WHAT TO PRODUCE -> Nothing but a number belongs in the answer: how many lines of the records below contain the string "creates".

[Saved data entries]
-- ===== src/Tests/Stored.antt =====
-- What clients do at a server with room for one object.
use old_broker_repo.Prelude.{
  Text, codes, [], ◌∷◌, Option, none, some, ok, panic, ◌≡◌, ◌≢◌, ◌⊎◌, refl, arith, inl, inr, ◌==◌,
  ◌==?◌, ap, sym, ◌∙◌,
}
use mathlib.Core.Option.{some-injective}
use old_broker_repo.Config.Resource.{Entry}
use old_broker_repo.Config.Schema.{Schema, validate, to_json_map, from_json_map, run_additional}
use old_broker_repo.Config.Label.{is_dns1123_label}
use old_broker_repo.Config.Descriptor.{get_by_type}
use old_broker_repo.Config.BrokerStore.{service_class, service_plan, broker_config_types}
use old_broker_repo.Crd.Objects.{known_types, new_object, IstioKindList}
use old_broker_repo.Crd.Names.{resource_names}
use old_broker_repo.Crd.Conversion.{convert_config, convert_object}
use old_broker_repo.Crd.Client.{Client, plural_of, create, update, check_types}
use old_broker_repo.Crd.Client.Total.{AreKnown, check_types_iff}
use old_broker_repo.Crd.Cluster.{AreApart, IsTyped, Adds, creates, view, kept}
use old_broker_repo.Crd.Cluster.Refines.{Runs-Allows}
use old_broker_repo.Crd.Cluster.Conflicts.{update-excludes}
use old_broker_repo.Crd.Cluster.Clean.{IsCleanAt}
use old_broker_repo.Crd.Cluster.Reached.{Reach, start, step, calls, Reach-IsCleanAt}
use old_broker_repo.Tests.World.{
  TestMessage, class, junk, codec, codec_laws, test_meta, message_name,
}
use old_broker_repo.Tests.Api.{Room, vacant, server}
use old_broker_repo.Tests.Api.Laws.{laws}

abbrev pub client : Client Room TestMessage TestMessage
client = record { descriptor = broker_config_types TestMessage; dynamic = server }

pub known : AreKnown TestMessage client.descriptor
unfolding check_types known_types ◌==◌
known = (check_types_iff TestMessage client.descriptor).0 refl

two_types :
    (t : Text) (s : Schema TestMessage)
    → get_by_type client.descriptor t ≡ some s
    → ((codes "service-class" ≡ t) × (service_class TestMessage ≡ s))
      ⊎ ((codes "service-plan" ≡ t) × (service_plan TestMessage ≡ s))
unfolding get_by_type
two_types t s h = elim (codes "service-class" ==? t) [
  | inl (p, e) ↦ inl (p, ground arith)
  | inr (p, e) ↦ elim (codes "service-plan" ==? t) [
    | inl (q, e') ↦ inr (q, ground arith)
    | inr (q, e') ↦ ground arith
  ]
]

plurals_differ : plural_of (service_class TestMessage) ≢ plural_of (service_plan TestMessage)
unfolding resource_names
plurals_differ p = cc

pub apart : AreApart client.descriptor
apart t t' s s' p p' h = elim (two_types t s p) [
  | inl (a, b) ↦ elim (two_types t' s' p') [
    | inl (a', b') ↦ sym a ∙ a'
    | inr (a', b') ↦ absurd (plurals_differ (ap plural_of b ∙ h ∙ ap plural_of (sym b')))
  ]
  | inr (a, b) ↦ elim (two_types t' s' p') [
    | inl (a', b') ↦ absurd (plurals_differ (ap plural_of b' ∙ sym h ∙ ap plural_of (sym b)))
    | inr (a', b') ↦ sym a ∙ a'
  ]
]

pub checks :
    (t : Text) (s : Schema TestMessage) (m : TestMessage)
    → get_by_type client.descriptor t ≡ some s
    → run_additional codec s.additional_validate m ≢ panic
unfolding run_additional
checks t s m p = elim (two_types t s p) [
  | inl (a, b) ↦ rw (← b) (λ h. cc)
  | inr (a, b) ↦ rw (← b) (λ h. cc)
]

abbrev pub product : Entry TestMessage
product = record { meta = test_meta; spec = class (codes "page") }

-- At the revision that the server gives first.
abbrev pub edited : Text → Entry TestMessage
edited name = record { meta = record test_meta { resource_version = codes "8" }; spec = class name }

pub found : get_by_type client.descriptor (codes "service-class") ≡ some (service_class TestMessage)
unfolding get_by_type ◌==◌
found = refl

registered : (name : Text) → codec.message_type (message_name (class name)) ≡ some (class [])
unfolding ◌==◌
registered name = refl

pub class-IsTyped :
    (e : Entry TestMessage) (name : Text)
    → e.type ≡ codes "service-class"
    → e.spec ≡ class name
    → IsTyped codec message_name client.descriptor e
class-IsTyped e name p q s h =
    let h' = rw p at h in
    let same = some-injective (service_class TestMessage) s (sym found ∙ h') in
    rw (q, ← same) (refl, (class [], registered name), λ p. cc p)

abbrev pub stored : Room
stored = (create codec junk client product vacant).1

abbrev pub changed : Room
changed = (update codec junk client (edited (codes "cover")) stored).1

pub created : create codec junk client product vacant ≡ (ok (codes "8"), stored)
unfolding create get_by_type validate is_dns1123_label convert_config new_object known_types
    to_json_map ◌==◌
created = refl

pub updated :
    update codec junk client (edited (codes "cover")) stored ≡ (ok (0 ∷ codes "8"), changed)
unfolding update create get_by_type validate is_dns1123_label convert_config new_object known_types
    to_json_map ◌==◌ resource_names
updated = refl

pub reached : Reach codec junk message_name client laws stored
unfolding laws
reached = step (start (λ a b d. refl)) (
    calls (creates product (ok (codes "8"))) (class-IsTyped product (codes "page") refl refl)
      created)

Runs-Allows_example :
    Adds product
      (codes "8")
      (view codec junk client laws vacant)
      (view codec junk client laws stored)
Runs-Allows_example =
    Runs-Allows codec junk codec_laws client laws known apart checks
      (creates product (ok (codes "8"))) vacant stored
      (class-IsTyped product (codes "page") refl refl) created

Reach-IsCleanAt_example : IsCleanAt codec junk codec_laws client laws known apart checks stored
Reach-IsCleanAt_example =
    Reach-IsCleanAt codec junk codec_laws client laws known apart checks stored reached

seen :
    view codec junk client laws stored
      (codes "service-class")
      (codes "productpage")
      (codes "default")
    ≡ some (kept product (codes "8"))
unfolding view laws create get_by_type validate is_dns1123_label convert_config convert_object
    new_object known_types to_json_map from_json_map ◌==◌ resource_names
seen = refl

abbrev revision_shown : Option (Entry TestMessage) → Text
revision_shown none = []
revision_shown (some e) = e.resource_version

-- Two clients have read revision 8.
differs :
    view codec junk client laws stored
      (codes "service-class")
      (codes "productpage")
      (codes "default")
    ≢ some (kept (edited (codes "cover")) (0 ∷ codes "8"))
differs p = let q : codes "8" ≡ 0 ∷ codes "8" = ap revision_shown (sym seen ∙ p) in cc

update-excludes_example :
    ¬ (update codec junk client (edited (codes "title")) changed ≡ (ok (codes "9"), changed))
update-excludes_example =
    update-excludes codec junk codec_laws client laws known apart checks (edited (codes "cover"))
      (edited (codes "title")) (0 ∷ codes "8") (codes "9") stored changed changed
      (class-IsTyped (edited (codes "cover")) (codes "cover") refl refl)
      (class-IsTyped (edited (codes "title")) (codes "title") refl refl) ((refl, refl, refl), refl)
      differs updated

abbrev nothing_listed : IstioKindList TestMessage
nothing_listed = record { type_meta = record { kind = []; api_version = [] }; items = none }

SOLVED PROBLEM -> 3